Sixty percent of respondents told Data for Progress and Groundwork Collaborative that the energy demand of large commercial users like AI data centers is to blame for higher consumer prices, and the same percentage of people also blamed high compensation for utility company executives. Sixty-three percent of those polled said high profits for utility companies and their investors were to blame.
Joint Economic Committee Democrats revealed Tuesday that the average annual US electric bill increased by $110 last year.
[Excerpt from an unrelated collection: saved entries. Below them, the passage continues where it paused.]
-- ===== src/Kb/Safe.antt =====
-- The line buffer of w2/sys/kb.c stays in bounds.
use sbrocks.Prelude.{
  ℕ, ◌+◌, ◌-◌, ◌<◌, ◌≤◌, ◌≡◌, ◌≢◌, refl, arith, ◌==◌, not, ltb, ◌&&◌, true, false, some, inl, inr,
  Bool-cases, bit_and, ◌∷◌, lt→ltb,
}
use sbrocks.Kstring.{store, memcpy}
use sbrocks.Kb.{
  Kb, Control, kb_handler, handlekey, scanf_key, deliver, char_of, put_char, buffer_size,
  unset_flag, wake_waiting_task, task_runnable,
}

-- The index is in the buffer, the count is not larger than it, and a task that waits for keys is
-- there.
pub record InBounds (kb : Kb) : Type 0 where
  pub index : kb.i < buffer_size
  pub fits : kb.count ≤ buffer_size
  pub waits : kb.flag ≡ 1 → kb.waiting_task ≢ 0

deliver-some :
    (n : ℕ) (kb : Kb)
    → kb.waiting_task ≢ 0
    → kb.count ≤ buffer_size
    → (kb' : Kb) × (deliver n kb ≡ some kb') × InBounds kb'
unfolding deliver unset_flag wake_waiting_task
deliver-some n kb here fits =
    let e : (kb.waiting_task == 0) ≡ false = ground arith in
    (
      record kb {
        memory = store (memcpy kb.memory kb.str kb.a n) kb.a 0;
        i = 0;
        flag = 0;
        waiting_state = task_runnable;
      },
      rw e refl,
      record { index = omega arith; fits = fits; waits = λ odd. absurd (suc_not_zero odd) },
    )
  where
    suc_not_zero : ◌≡◌ {A = ℕ} 0 1 → ⊥
    suc_not_zero e = omega arith

scanf_key-some :
    (c : ℕ) (kb : Kb)
    → kb.waiting_task ≢ 0
    → InBounds kb
    → (kb' : Kb) × (scanf_key c kb ≡ some kb') × InBounds kb'
unfolding scanf_key
scanf_key-some c kb here ok =
    let low : ltb kb.i buffer_size ≡ true = lt→ltb kb.i buffer_size ok.index in
    elim (Bool-cases (c == 10)) [
      | inl line ↦
          let (kb', run, ok') = deliver-some (kb.i + 1) (put_char 10 kb) here ok.fits in
          (kb', rw (line, low) run, ok')
      | inr other ↦ elim (Bool-cases ((c == 8) && ltb 0 kb.i)) [
        | inl back ↦ (
          record kb { memory = store kb.memory (kb.a + kb.i) 0; i = kb.i - 1 },
          rw (other, back, low) refl,
          record { index = omega (arith, ok.index); fits = ok.fits; waits = λ f. here },
        )
        | inr plain ↦ elim (Bool-cases (ltb (kb.i + 1) kb.count)) [
          | inl more ↦ (
            put_char c kb,
            rw (other, plain, low, more) refl,
            record { index = (let f = ok.fits in ground arith); fits = ok.fits; waits = λ f. here },
          )
          | inr full ↦
              let (kb', run, ok') = deliver-some 1 (put_char c kb) here ok.fits in
              (kb', rw (other, plain, low, full) run, ok')
        ]
      ]
    ]

handlekey-some :
    (scancode : ℕ) (kb : Kb)
    → InBounds kb
    → (kb' : Kb) × (handlekey scancode kb ≡ some kb') × InBounds kb'
unfolding handlekey
handlekey-some scancode kb ok = elim (Bool-cases (kb.flag == 1)) [
  | inr idle ↦ (
    record kb {
      current_char = char_of kb.current_control scancode;
      current_control = Control.normal_key;
    },
    rw idle refl,
    record { index = ok.index; fits = ok.fits; waits = ok.waits },
  )
  | inl reading ↦
      let c = char_of kb.current_control scancode in
      let kb1 = record kb { current_char = c; echoed = c ∷ kb.echoed } in
      let here : kb.waiting_task ≢ 0 = ok.waits (ground arith) in
      let ok1 : InBounds kb1 = record { index = ok.index; fits = ok.fits; waits = λ f. here } in
      let (kb2, run, ok2) = scanf_key-some c kb1 here ok1 in
      (
        record kb2 { current_control = Control.normal_key },
        rw (reading, run) refl,
        record { index = ok2.index; fits = ok2.fits; waits = ok2.waits },
      )
]

-- No key makes the handler leave the line buffer or follow a null pointer, and after each key the
-- same holds for the next. It needs a count of at most 1024 bytes, the size of the buffer, and
-- that there is a waiting task whenever the flag is set.
pub kb_handler-InBounds :
    (scancode : ℕ) (kb : Kb)
    → InBounds kb
    → (kb' : Kb) × (kb_handler scancode kb ≡ some kb') × InBounds kb'
unfolding kb_handler
kb_handler-InBounds scancode kb ok = elim (Bool-cases (not (bit_and scancode 0x80 == 0))) [
  | inl released ↦ (kb, rw released refl, ok)
  | inr pressed ↦ elim (Bool-cases (scancode == 42)) [
    | inl shift ↦ (
      record kb { current_control = Control.shift_key },
      rw (pressed, shift) refl,
      record { index = ok.index; fits = ok.fits; waits = ok.waits },
    )
    | inr n1 ↦ elim (Bool-cases (scancode == 56)) [
      | inl alt ↦ (
        record kb { current_control = Control.alt_key },
        rw (pressed, n1, alt) refl,
        record { index = ok.index; fits = ok.fits; waits = ok.waits },
      )
      | inr n2 ↦ elim (Bool-cases (scancode == 29)) [
        | inl control ↦ (
          record kb { current_control = Control.control_key },
          rw (pressed, n1, n2, control) refl,
          record { index = ok.index; fits = ok.fits; waits = ok.waits },
        )
        | inr n3 ↦
            let (kb', run, ok') = handlekey-some scancode kb ok in
            (kb', rw (pressed, n1, n2, n3) run, ok')
      ]
    ]
  ]
]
A 2022 analysis by Accountable.US found that the nine largest US energy utility companies raked in nearly $14 billion in combined profits in the first three quarters of that year and handed out $11 billion to shareholders while tens of millions of households struggled with rising utility bills.
Nearly 60% of the 1,149 people polled by the two progressive think tanks also said the public sector must take a leadership role on providing energy, "because the public sector doesn't collect profits and can pass on savings to customers," and 60% said the public sector should be responsible for upgrading and modernizing the electric grid because it is a "public resource that should serve all Americans equally, not generate profits for shareholders."
Alex Jacquez, chief of policy and advocacy for Groundwork and a former Biden administration official, said the poll revealed that "the people believe in public power."
The groups also polled respondents on their opinions of "energy superusers," including cryptocurrency companies, AI data centers, and AI firms.
Crypto companies were the least popular, with 54% disapproving compared to 26% who approved. Voters disapproved of AI data centers by a 16-point margin and AI companies in general by an 8-point margin.
Nearly two-thirds said they believe new AI data centers would raise their energy costs, and voters across the political spectrum opposed new data centers in their communities.
Grassroots efforts have taken off in states including Michigan, Wisconsin, and New Jersey as community members have rejected the construction of data centers on the grounds that they would consume massive amounts of water as well as electricity, threaten jobs, and take up space that could otherwise be used for affordable housing and small businesses.
"Voters feel ripped off by the corporations who hold their utilities hostage and are calling on lawmakers to put an end to the profiteering racket," said Pancotti. "It’s time for regulators and policymakers to answer the call to protect working families from predatory utility corporations and Big Tech.”